Тем временем Бакунин принялся усердно проповедовать Белинскому, немецким языком не владевшему, гегельянство. Вечер за вечером и ночь за ночью наставлял он критика новейшему объективизму, как впоследствии наставлял в Париже тому же самому Пьера Прудона. Под конец, после устрашающей внутренней борьбы, Белинский перешел в новую веру, индивидуализма не признававшую. До того он забавлялся идеализмом Фихте и Шеллинга (в изложении Станкевича) и напрочь отошел от политических вопросов – от грязной хаотической суеты земного мира, от ненавистного занавеса, закрывающего человеку гармоническую действительность настоящего бытия. Но теперь с этим было покончено раз и навсегда.

Белинский перебрался в Санкт-Петербург и, под влиянием новой своей «религии», написал в 1839-1840 годах две знаменитые статьи – одна разбирала поэтическое и прозаическое произведения, посвященные годовщине Бородинской битвы, а вторая обличала немецкого гегельянца, нападавшего на Гете. «Реальное рационально» – действительность разумна, – провозгласила новая доктрина. Мелкими, недальновидными детскими забавами были нападки на действительность или попытки ее изменить. Что существует – существует, ибо должно существовать. Понять существующее значит понять красоту и гармонию всего миропорядка, где все, в назначенное время, оказывается в назначенном месте – согласно законам постижимым и необходимым. Всему отводится место в необозримом миропорядке, что разворачивается перед нами, словно великое историческое полотно. И порицать существующее – лишь доказывать, что вы не приспособлены к действительности, не разумеете ее в полной мере.
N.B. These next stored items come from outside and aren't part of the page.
-- ===== src/Templates/Lines.antt =====
-- The lines and the statements that splitSQL reads: their words, and the bytes between them.
use osb_opengauss_go.Prelude.{
  ℕ, ◌≡◌, ◌≢◌, refl, ap, ◌∙◌, true, false, List, [], ◌∷◌, ◌++◌, append-nil, append_assoc, All,
  All-append, Text, codes, arith, ◌==◌, has_prefix, join, split_parts, split,
}
use osb_opengauss_go.Templates.{is_space, push_word, fields_from, fields}

-- no white space and no semicolon
abbrev pub IsPlain : ℕ → Type 0
IsPlain c = (is_space c ≡ false) × ((c == b';') ≡ false)

abbrev pub IsWord : Text → Type 0
IsWord w = (w ≢ []) × All IsPlain w

-- the words of a statement, one blank between them
abbrev pub sentence : List Text → Text
unfolding join
sentence words = join words (codes " ")

-- a statement on its line
abbrev pub line : List Text → Text
line words = sentence words ++ b';' ∷ []

-- words that splitSQL takes for a statement: one at least, and not the beginning of a comment
abbrev pub IsStatement : List Text → Type 0
IsStatement words = (words ≢ []) × All IsWord words × (has_prefix (line words) (codes "--") ≡ false)

module _ (b : ℕ) (same : (b == b) ≡ true) where
  split_parts-append :
      (a s : Text)
      → All (λ c. (c == b) ≡ false) a
      → split_parts b (a ++ (b ∷ s)) ≡ (a, (split_parts b s).0 ∷ (split_parts b s).1)
  unfolding split_parts
  split_parts-append [] s h = rw same
  split_parts-append (c ∷ a) s (hc, ha) = rw (split_parts-append a s ha, hc)

  pub split-append :
      (a s : Text) → All (λ c. (c == b) ≡ false) a → split (a ++ (b ∷ s)) b ≡ a ∷ split s b
  unfolding split
  split-append a s h = rw (split_parts-append a s h)

-- the words of a text
fields_from-append :
    (word w s : Text) → All IsPlain w → fields_from word (w ++ s) ≡ fields_from (word ++ w) s
unfolding fields_from
fields_from-append word [] s h = rw append-nil
fields_from-append word (c ∷ w) s ((hc, _), h) =
    rw hc (fields_from-append (word ++ c ∷ []) w s h ∙ (simp append_assoc))

push_word-IsWord : (w : Text) (l : List Text) → IsWord w → push_word w l ≡ w ∷ l
unfolding push_word
push_word-IsWord [] l h = absurd (h.0 refl)
push_word-IsWord (c ∷ w) l h = refl

pub fields-sentence : (words : List Text) → All IsWord words → fields (sentence words) ≡ words
unfolding fields fields_from join is_space push_word
fields-sentence [] h = refl
fields-sentence (w ∷ []) (hw, _) =
    (rw append-nil) ∙ fields_from-append [] w [] hw.1 ∙ push_word-IsWord w [] hw
fields-sentence (w ∷ v ∷ words) (hw, h) =
    fields_from-append [] w (b' ' ∷ sentence (v ∷ words)) hw.1
    ∙ push_word-IsWord w _ hw
    ∙ ap (λ l. w ∷ l) (fields-sentence (v ∷ words) h)

-- the bytes of a line
module _ (P : ℕ → Type 0) (of_word : (c : ℕ) → IsPlain c → P c) (of_blank : P b' ') where
  All-word : (w : Text) → All IsPlain w → All P w
  All-word [] h = tt
  All-word (c ∷ w) (hc, h) = (of_word c hc, All-word w h)

  All-sentence : (words : List Text) → All IsWord words → All P (sentence words)
  unfolding join
  All-sentence [] h = tt
  All-sentence (w ∷ []) (hw, h) = All-word w hw.1
  All-sentence (w ∷ v ∷ words) (hw, h) =
      All-append P w (b' ' ∷ sentence (v ∷ words)) (All-word w hw.1)
        (of_blank, All-sentence (v ∷ words) h)

pub no_semicolon :
    (words : List Text) → All IsWord words → All (λ c. (c == b';') ≡ false) (sentence words)
no_semicolon words h = All-sentence (λ c. (c == b';') ≡ false) (λ c q. q.1) refl words h

plain_no_newline : (c : ℕ) → IsPlain c → (c == 10) ≡ false
unfolding is_space
plain_no_newline c (h, _) = ground arith

pub no_newline : (words : List Text) → All IsWord words → All (λ c. (c == 10) ≡ false) (line words)
no_newline words h =
    All-append (λ c. (c == 10) ≡ false) (sentence words) (b';' ∷ [])
      (All-sentence (λ c. (c == 10) ≡ false) plain_no_newline refl words h) (refl, tt)

pub sentence_begins :
    (words : List Text)
    → words ≢ []
    → All IsWord words
    → (c : ℕ) × (t : Text) × (sentence words ≡ c ∷ t) × (is_space c ≡ false)
unfolding join
sentence_begins [] some_word h = absurd (some_word refl)
sentence_begins ([] ∷ words) some_word (hw, h) = absurd (hw.0 refl)
sentence_begins ((c ∷ w) ∷ []) some_word (hw, h) = (c, w, refl, hw.1.0.0)
sentence_begins ((c ∷ w) ∷ v ∷ words) some_word (hw, h) =
    (c, w ++ (b' ' ∷ sentence (v ∷ words)), refl, hw.1.0.0)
А полумер Белинский не признавал. Герцен рассказывает: уж если Белинский принимал какое-либо воззрение окончательно, то «веровал в это воззрение и не бледнел ни перед каким последствием, не останавливался ни пред моральным приличием, ни перед мнением других, которого так страшатся люди слабые и не самобытные: в нем не было робости, потому что он был силен и искренен; его совесть была чиста»[203]. Собственное (точнее, бакунинское) толкование гегельянства убедило его: созерцание и понимание духовно выше деятельной борьбы; как следствие, Белинский начал пылко «принимать окружающую действительность» – еще более исступленно и страстно, чем двумя годами ранее бичевал квиетистов и требовал всемерно сопротивляться произволу Николая I.
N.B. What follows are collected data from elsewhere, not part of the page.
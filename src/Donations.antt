-- ===== src/Donations.antt =====
-- control-plane/src/donations: the ledger of donations and refunds, and the webhook handlers.
pub mod Ledger
pub mod Stripe
pub mod Signature
pub mod Checkout
pub mod Shop
pub mod Lines
pub mod Webhook
mod Examples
В 1838-1840 годах Белинский объявил, что сила всегда права; что сама история – поступь неотвратимых стихийных сил, она освящает окружающий нас порядок вещей; что самодержавие пришло на русскую землю в должный, урочный час и потому священно; что Россия, какова ни есть, составляет часть Божественного замысла, ведущего к идеальной цели, что правительство – воплощенное могущество и принуждение – мудрее подданных; что противиться ему было бы легкомысленно, порочно и тщетно. Сопротивление космическим силам всегда равняется самоубийству. «Действительность есть чудовище, – пишет он Бакунину, – вооруженное железными когтями и огромною пастью с железными челюстями. Рано или поздно, но пожрет она всякого, кто живет с ней в разладе и идет ей наперекор. Чтобы освободиться от нее и вместо ужасного чудовища увидеть в ней источник блаженства, для этого одно средство – сознать ее»[204]. А выше говорит: «Я гляжу на действительность, столь презираемую прежде мною, и трепещу таинственным восторгом, сознавая ее разумность, видя, что из нее ничего нельзя выкинуть и в ней ничего нельзя похулить и отвергнуть»[205]. И вот еще, в том же ключе: «Шиллер <... > был мой личный враг, и мне стоило труда обуздывать мою к нему ненависть и держаться в пределах возможного для меня приличия. За что эта ненависть?»[206] А за то, поясняет Белинский далее, что Шиллеровы «"Разбойники" и „Коварство и любовь“ вкупе с „Фиеско“ – этим произведением немецкого Гюго, наложили на меня дикую вражду с общественным порядком, во имя абстрактного идеала общества, оторванного от географических и исторических условий развития, построенного на воздухе»[207].